Rejoice always, pray without ceasing, give thanks in all circumstances; for this is the will of God in Christ Jesus for you.
—I Thessalonians 5:16-18
As a counselor, I tell people on a regular basis to tell the truth, even when it hurts. At least twice a day, I commend making the choice to express healthy boundaries to others as a means of fully loving them. I ask others to take the risk of confessing things to their partners that will forever alter their relationship. I routinely discuss the cyclical nature of grief, and how even its most subtle rage and overpowering despair are reflections of the full gamut of emotions given to us by God. I sit with many people whose most searing pain and brokenness have been the only possible means to access vulnerability and freedom. I also sit with those whom freedom and intimacy seem to elude, regardless of the fervor of their pursuit. I am each of these in some way, and my regular presence with them helps to hold my own journey in focus.

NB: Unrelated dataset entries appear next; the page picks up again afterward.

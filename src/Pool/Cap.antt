-- ===== src/Pool/Cap.antt =====
-- internal/pool/pool.go: the cap on the available instances, and which of them is evicted.
use spyder.Prelude.{
  ◌≤◌, suc, ◌≡◌, refl, ap, sym, ◌∙◌, Bool, true, false, ◌&&◌, Option, none, some, List, [], ◌∷◌,
  String, string_eq, pos_part, is_positive, lookup, insert, erase, lookup-erase, beq_self, arith,
  Bool-cases, Option-cases, inl, inr, All,
}
use spyder.Pool.{
  running, Instance, TemplateConfig, World, Pool, is_available, is_running, is_older, last_touch,
  oldest_from, pick_oldest_available, count_available, reload, template_in, find_template,
  cancel_linger,
}
use mathlib.Core.Path.{subst}
use spyder.Pool.Lifecycle.{shut, shutdown_instance, destroy_instance}
use spyder.Pool.Calls.{is_full, make_room, park, on_linger_expired}
use spyder.Pool.Sound.{IsSound, Run-IsSound}
use spyder.Pool.Steps.{
  Stands, IsUnarmed, shut-parks, destroyed, reload-Run, reload_same, both, cancel_linger-Run,
}
use spyder.Pool.Steps.Look.{pick_oldest_available-found, running_of}
use spyder.Pool.Retire.{make_room-cases, evict-Run, some_inj}

-- An available instance of the template.
abbrev pub is_idle : String → Instance → Bool
is_idle name i = string_eq.beq i.template name && is_available i.tier

oldest_from_le :
    (name : String) (o : Option Instance) (m : List (String × Instance)) (v : Instance)
    → oldest_from name o m ≡ some v
    → ((x : Instance) → o ≡ some x → last_touch v ≤ last_touch x)
      × All (λ e. is_idle name e.1 ≡ true → last_touch v ≤ last_touch e.1) m
unfolding oldest_from last_touch
oldest_from_le name o [] v e = (λ x h. ground arith, tt)
oldest_from_le name o ((k, i) ∷ m) v e =
    elim (Bool-cases (string_eq.beq i.template name && is_available i.tier && is_older i o)) [
      | inl hit ↦
          let (le, rest) = oldest_from_le name (some i) m v (rw hit at e) in
          let first = le i refl in ((λ x h. ground arith), ((λ idle. first), rest))
      | inr miss ↦
          let (le, rest) = oldest_from_le name o m v (rw miss at e) in
          (
            le,
            (
              (λ idle. elim (Option-cases o) [
                | inl e ↦ cc (e, idle, miss)
                | inr (x, e) ↦ let l = le x e in ground arith
              ]),
              rest,
            ),
          )
    ]

count-erase_le :
    (name id : String) (m : List (String × Instance))
    → count_available name (erase id m) ≤ count_available name m
unfolding lookup erase count_available
count-erase_le name id [] = ground arith
count-erase_le name id ((k, v) ∷ m) = ground (arith, count-erase_le name id m)

count-insert :
    (name id : String) (i j : Instance) (m : List (String × Instance))
    → lookup id m ≡ some i
    → is_idle name i ≡ false
    → count_available name (insert id j m) ≤ suc (count_available name m)
unfolding lookup insert count_available
count-insert name id i j [] here idle = cc
count-insert name id i j ((k, v) ∷ m) here idle = ground (arith, count-insert name id i j m)

count-erase :
    (name id : String) (i : Instance) (m : List (String × Instance))
    → lookup id m ≡ some i
    → is_idle name i ≡ true
    → suc (count_available name (erase id m)) ≤ count_available name m
unfolding lookup erase count_available
count-erase name id i [] here idle = cc
count-erase name id i ((k, v) ∷ m) here idle =
    ground (arith, string_eq.beq_iff k id, count-erase_le name id m, count-erase name id i m)

-- An available instance of the template, which none of them was touched before.
pub record IsOldest (p : Pool) (name : String) (v : Instance) : Type 0 where
  pub here : Stands p v
  pub idle : is_idle name v ≡ true
  pub least : All (λ e. is_idle name e.1 ≡ true → last_touch v ≤ last_touch e.1) p.instances

pick_oldest_available-IsOldest :
    (p : Pool) (name : String) (v : Instance)
    → IsSound p
    → pick_oldest_available p name ≡ some v
    → IsOldest p name v
unfolding pick_oldest_available
pick_oldest_available-IsOldest p name v s e =
    let (here, fits, idle) = pick_oldest_available-found p name v s e in
    record {
      here = here;
      idle = rw (fits, idle) refl;
      least = (oldest_from_le name none p.instances v e).1;
    }

-- Where another available instance would exceed the cap, room is made by the removal of one instance,
-- an available one of the template that was last touched no later than any other of them.
pub make_room-IsOldest :
    (w : World) (p q : Pool) (t : TemplateConfig) (name : String)
    → IsSound p
    → is_full p t name ≡ true
    → make_room w p t name ≡ some q
    → (v : Instance) × IsOldest p name v × (q.instances ≡ erase v.id p.instances)
make_room-IsOldest w p q t name s full e = elim (make_room-cases w p t name) [
  | inl (roomy, same) ↦ cc (roomy, full)
  | inr (inl (again, nobody, bad)) ↦ cc (bad, e)
  | inr (inr (v, again, found, evicted)) ↦ (
    v,
    pick_oldest_available-IsOldest p name v s found,
    ap (λ x. x.instances) (some_inj (sym e ∙ evicted)) ∙ (destroyed w p v).0,
  )
]

count-shutdown :
    (w : World) (p : Pool) (i : Instance) (name : String)
    → Stands p i
    → i.tier ≡ running
    → count_available name (shutdown_instance w p i).0.instances
      ≤ suc (count_available name p.instances)
unfolding shutdown_instance
count-shutdown w p i name here runs = elim (Option-cases (shut w i)) [
  | inl e ↦ rw (e, shutdown_instance) (omega arith)
  | inr (j, e) ↦
      rw (e, shutdown_instance)
        (subst
          (λ k.
            count_available name (insert k j p.instances) ≤ suc (count_available name p.instances))
          (sym (shut-parks w i j e).0)
          (count-insert name i.id i j p.instances here (rw runs (ground arith))))
]

module _ (w : World) (p : Pool) (i : Instance) (t : TemplateConfig) (s : IsSound p)
    (here : Stands p i) (runs : i.tier ≡ running) (unarmed : IsUnarmed p i)
    (capped : is_positive t.available_max ≡ true)
    (within : count_available i.template p.instances ≤ pos_part t.available_max) where
  park_within :
      count_available i.template (park w p i (some t)).instances ≤ pos_part t.available_max
  unfolding park is_full
  park_within = elim (make_room-cases w p t i.template) [
    | inl (roomy, e) ↦ rw (e, park) (ground (arith, count-shutdown w p i i.template here runs))
    | inr (inl (full, nobody, e)) ↦
        rw (e, park, (destroyed w p i).0)
          (ground (arith, count-erase_le i.template i.id p.instances))
    | inr (inr (v, full, found, e)) ↦
        let q = (destroy_instance w p v).0 in
        let oldest = pick_oldest_available-IsOldest p i.template v s found in
        let (run, here1, unarmed1) =
          evict-Run (λ x. Unit) w p i v i.template s here runs unarmed found in
        let fewer : suc (count_available i.template q.instances)
            ≤ count_available i.template p.instances =
          rw ((destroyed w p v).0)
            (count-erase i.template v.id v p.instances oldest.here oldest.idle) in
        rw (e, park) (ground (arith, count-shutdown w q i i.template here1 runs))
  ]

reload_cfg :
    (w : World) (p : Pool) (id : String) → (reload w (cancel_linger p id)).cfg ≡ (reload w p).cfg
unfolding reload cancel_linger
reload_cfg w p id = ground arith

-- The firing of a linger timer keeps the cap: where the template has a cap and no more available
-- instances than that, it has no more afterwards, whatever the executor answers.
pub on_linger_expired-le :
    (w : World) (p : Pool) (id : String) (i : Instance) (t : TemplateConfig)
    → IsSound p
    → lookup id p.instances ≡ some i
    → find_template (reload w p) i.template ≡ some t
    → is_positive t.available_max ≡ true
    → count_available i.template p.instances ≤ pos_part t.available_max
    → count_available i.template (on_linger_expired w p id).instances ≤ pos_part t.available_max
unfolding on_linger_expired find_template cancel_linger
on_linger_expired-le w p id i t s found known capped within =
    elim (Bool-cases (is_running i.tier)) [
      | inr idle ↦ rw (found, on_linger_expired) (rw idle within)
      | inl runs ↦
          let p1 = cancel_linger p id in
          let (ei, et) = reload_same w p1 in
          let same = s.keyed id i found in
          let here : Stands p i = ap (λ k. lookup k p.instances) same ∙ found in
          let first =
            both (λ x. Unit) p p1 (reload w p1) (cancel_linger-Run (λ x. Unit) p id)
              (reload-Run (λ x. Unit) w p1) in
          let known1 : find_template (reload w p1) i.template ≡ some t =
            ap (template_in i.template) (reload_cfg w p id) ∙ known in
          rw (found, on_linger_expired)
            (rw (runs, known1)
              (park_within w (reload w p1) i t (Run-IsSound (λ x. Unit) p _ s first)
                (ap (lookup i.id) ei ∙ here) (running_of i.tier runs)
                (ap (lookup i.id) et
                  ∙ (ap (λ k. lookup k p1.linger_timers) same
                      ∙ (lookup-erase id id p.linger_timers ∙ rw (beq_self id) refl)))
                capped (rw ei within)))
    ]
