-- ===== src/Prelude/Select.antt =====
-- Searching a list: its first element that passes a test, the sublist of those that pass, and
-- predicates over all elements.
use mathlib.Core.Path.{◌≡◌, refl, ap}
use mathlib.Core.Logic.{inl, inr}
use mathlib.Core.Bool.{Bool, true, false, ◌&&◌}
use mathlib.Core.List.{List, [], ◌∷◌, ◌++◌, map}
use Prim.Native.Nat.{ℕ, zero, suc, ◌≤◌}
use native.Mathlib.Omega.{arith}
use spyder.Prelude.Tests.{Bool-cases}
use spyder.Prelude.Lists.{length, take, select, All}

-- `y` is the first element of the list that passes the test.
pub record IsFirst {ℓ} {A : Type ℓ} (p : A → Bool) (xs : List A) (y : A) : Type ℓ where
  pub pre : List A
  pub post : List A
  pub split : xs ≡ pre ++ y ∷ post
  pub hit : p y ≡ true
  pub before : All (λ x. p x ≡ false) pre

module _ {ℓ} {A : Type ℓ} (p : A → Bool) where
  pub select-IsFirst : (xs : List A) (y : A) (ys : List A) → select p xs ≡ y ∷ ys → IsFirst p xs y
  select-IsFirst [] y ys h = cc
  select-IsFirst (x ∷ xs) y ys h = elim (Bool-cases (p x)) [
    | inl hit ↦
        let e : x ≡ y = ground arith in
        record { pre = []; post = xs; split = rw e; hit = rw (← e) hit; before = tt }
    | inr miss ↦
        let rest = select-IsFirst xs y ys (rw miss at h) in
        record {
          pre = x ∷ rest.pre;
          post = rest.post;
          split = ap (λ l. x ∷ l) rest.split;
          hit = rest.hit;
          before = (miss, rest.before);
        }
  ]

  pub select-empty : (xs : List A) → select p xs ≡ [] → All (λ x. p x ≡ false) xs
  select-empty [] h = tt
  select-empty (x ∷ xs) h = elim (Bool-cases (p x)) [
    | inl hit ↦ cc (rw hit at h)
    | inr miss ↦ (miss, select-empty xs (rw miss at h))
  ]

  pub select-select :
      (q : A → Bool) (xs : List A) → select q (select p xs) ≡ select (λ x. p x && q x) xs
  select-select q [] = refl
  select-select q (x ∷ xs) = ground (arith, select-select q xs)

pub All-map {ℓ κ κ'} :
    {A : Type ℓ} {P : A → Type κ} {Q : A → Type κ'} (xs : List A)
    → ((x : A) → P x → Q x)
    → All P xs
    → All Q xs
All-map [] f h = tt
All-map (x ∷ xs) f h = (f x h.0, All-map xs f h.1)

pub All-left {ℓ κ} : {A : Type ℓ} (P : A → Type κ) (xs ys : List A) → All P (xs ++ ys) → All P xs
All-left P [] ys h = tt
All-left P (x ∷ xs) ys h = (h.0, All-left P xs ys h.1)

pub All-both {ℓ κ κ'} :
    {A : Type ℓ} (P : A → Type κ) (Q : A → Type κ') (xs : List A)
    → All P xs
    → All Q xs
    → All (λ x. P x × Q x) xs
All-both P Q [] h k = tt
All-both P Q (x ∷ xs) h k = ((h.0, k.0), All-both P Q xs h.1 k.1)

pub length-take_le {ℓ} : {A : Type ℓ} (n : ℕ) (xs : List A) → length (take n xs) ≤ n
length-take_le zero xs = omega arith
length-take_le (suc n) [] = omega arith
length-take_le (suc n) (x ∷ xs) = omega (arith, length-take_le n xs)

pub length-map {ℓ κ} :
    {A : Type ℓ} {B : Type κ} (f : A → B) (xs : List A) → length (map f xs) ≡ length xs
length-map f [] = refl
length-map f (x ∷ xs) = ap suc (length-map f xs)
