-- ===== src/Pool/Drain.antt =====
-- internal/pool/pool.go: ForceShutdown as a sequence of moves.
use spyder.Prelude.{
  ◌≡◌, ap, ◌∙◌, true, false, none, some, List, [], ◌∷◌, String, string_eq, lookup, lookup-erase,
  arith, Bool-cases, Option-cases, inl, inr, All,
}
use spyder.Prelude.Map.Unique.{Unique}
use spyder.Prelude.Select.{All-map, All-both}
use spyder.Pool.{Instance, World, Pool, reload, find_template, cancel_linger}
use spyder.Pool.Lifecycle.{destroy_instance}
use spyder.Pool.Calls.{drain, force_shutdown}
use spyder.Pool.Sound.{Run, stays, IsSound, Run-IsSound}
use spyder.Pool.Steps.{
  both, reload-Run, cancel_linger-Run, Stands, cancelled, destroyed, destroy_instance-Run,
}

-- The entry of an instance that the map still holds.
abbrev IsThere : Pool → String × Instance → Type 0
IsThere p e = (e.1.id ≡ e.0) × (lookup e.0 p.instances ≡ some e.1)

other_keys :
    (k : String) (m : List (String × Instance))
    → lookup k m ≡ none
    → All (λ e. string_eq.beq k e.0 ≡ false) m
unfolding lookup
other_keys k [] h = tt
other_keys k ((j, v) ∷ m) h =
    let (miss, rest) : (string_eq.beq k j ≡ false) × (lookup k m ≡ none) =
      ground (arith, string_eq.beq_iff j k, string_eq.beq_iff k j) in
    (miss, other_keys k m rest)

All-IsThere :
    (p : Pool) (m : List (String × Instance))
    → Unique m
    → ((k : String) (i : Instance) → lookup k m ≡ some i → IsThere p (k, i))
    → All (IsThere p) m
unfolding lookup
All-IsThere p [] u f = tt
All-IsThere p ((k, v) ∷ m) u f = (
  f k v (ground (arith, string_eq.beq_iff k k)),
  All-IsThere p m u.1 (λ j i h. f j i (ground (arith, string_eq.beq_iff k j))),
)

module _ (F : Instance → Type 0) (w : World) (name : String) where
  one_drained :
      (p : Pool) (i : Instance)
      → IsSound p
      → Stands p i
      → F i
      → Run F p (destroy_instance w (cancel_linger p i.id) i).0
  unfolding cancel_linger
  one_drained p i s here free =
      let first = cancel_linger-Run F p i.id in
      both F p (cancel_linger p i.id) _ first (
        destroy_instance-Run F w (cancel_linger p i.id) i (Run-IsSound F p _ s first) here
          (cancelled p i) (λ held. free))

  still-IsThere :
      (p : Pool) (i : Instance) (m : List (String × Instance))
      → lookup i.id m ≡ none
      → All (IsThere p) m
      → All (IsThere (destroy_instance w (cancel_linger p i.id) i).0) m
  unfolding cancel_linger
  still-IsThere p i m apart there =
      All-map m
        (λ e h. (
          h.0.0,
          ap (lookup e.0) (destroyed w (cancel_linger p i.id) i).0
              ∙ (lookup-erase i.id e.0 p.instances ∙ rw h.1 h.0.1),
        ))
        (All-both (IsThere p) (λ e. string_eq.beq i.id e.0 ≡ false) m there
          (other_keys i.id m apart))

  drain-Run :
      ((i : Instance) → string_eq.beq i.template name ≡ true → F i)
      → (m : List (String × Instance)) (p : Pool) → IsSound p
      → Unique m
      → All (IsThere p) m
      → Run F p (drain w name m p).0
  unfolding drain
  drain-Run free [] p s u there = stays
  drain-Run free ((k, i) ∷ m) p s u there = elim (Bool-cases (string_eq.beq i.template name)) [
    | inr other ↦ rw other (drain-Run free m p s u.1 there.1)
    | inl mine ↦
        let here : Stands p i = ap (λ j. lookup j p.instances) there.0.0 ∙ there.0.1 in
        let p1 = (destroy_instance w (cancel_linger p i.id) i).0 in
        let first = one_drained p i s here (free i mine) in
        rw mine (
          both F p p1 _ first (
            drain-Run free m p1 (Run-IsSound F p p1 s first) u.1
              (still-IsThere p i m (ap (λ j. lookup j m) there.0.0 ∙ u.0) there.1)))
  ]

  pub force_shutdown-Run :
      (p : Pool)
      → IsSound p
      → ((i : Instance) → string_eq.beq i.template name ≡ true → F i)
      → Run F p (force_shutdown w p name).0
  unfolding force_shutdown
  force_shutdown-Run p s free =
      let p1 = reload w p in
      let first = reload-Run F w p in
      let s1 = Run-IsSound F p p1 s first in
      elim (Option-cases (find_template p1 name)) [
        | inl e ↦ rw (e, force_shutdown) first
        | inr (t, e) ↦
            rw (e, force_shutdown)
              (both F p p1 _ first (
                drain-Run free p1.instances p1 s1 s1.unique
                  (All-IsThere p1 p1.instances s1.unique (λ k i h. (s1.keyed k i h, h)))))
      ]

Vocationally, I have built a house on the corner of unresolved contradiction and irreconcilable tension; it is an intersection where I spend a vast majority of my time. I am beginning to understand that it stands as a reflection of my own life navigating the same terms. For instance, our son died prematurely last year of a genetic disorder, thrusting me into the most widely flung tension between grace and sorrow that I have ever experienced. My parents’ deaths, my own recovery from sexual addiction, and our journey into marriage also reflect polarities of joy and sorrow—feast and famine. These are my stock in trade, but also my own reality.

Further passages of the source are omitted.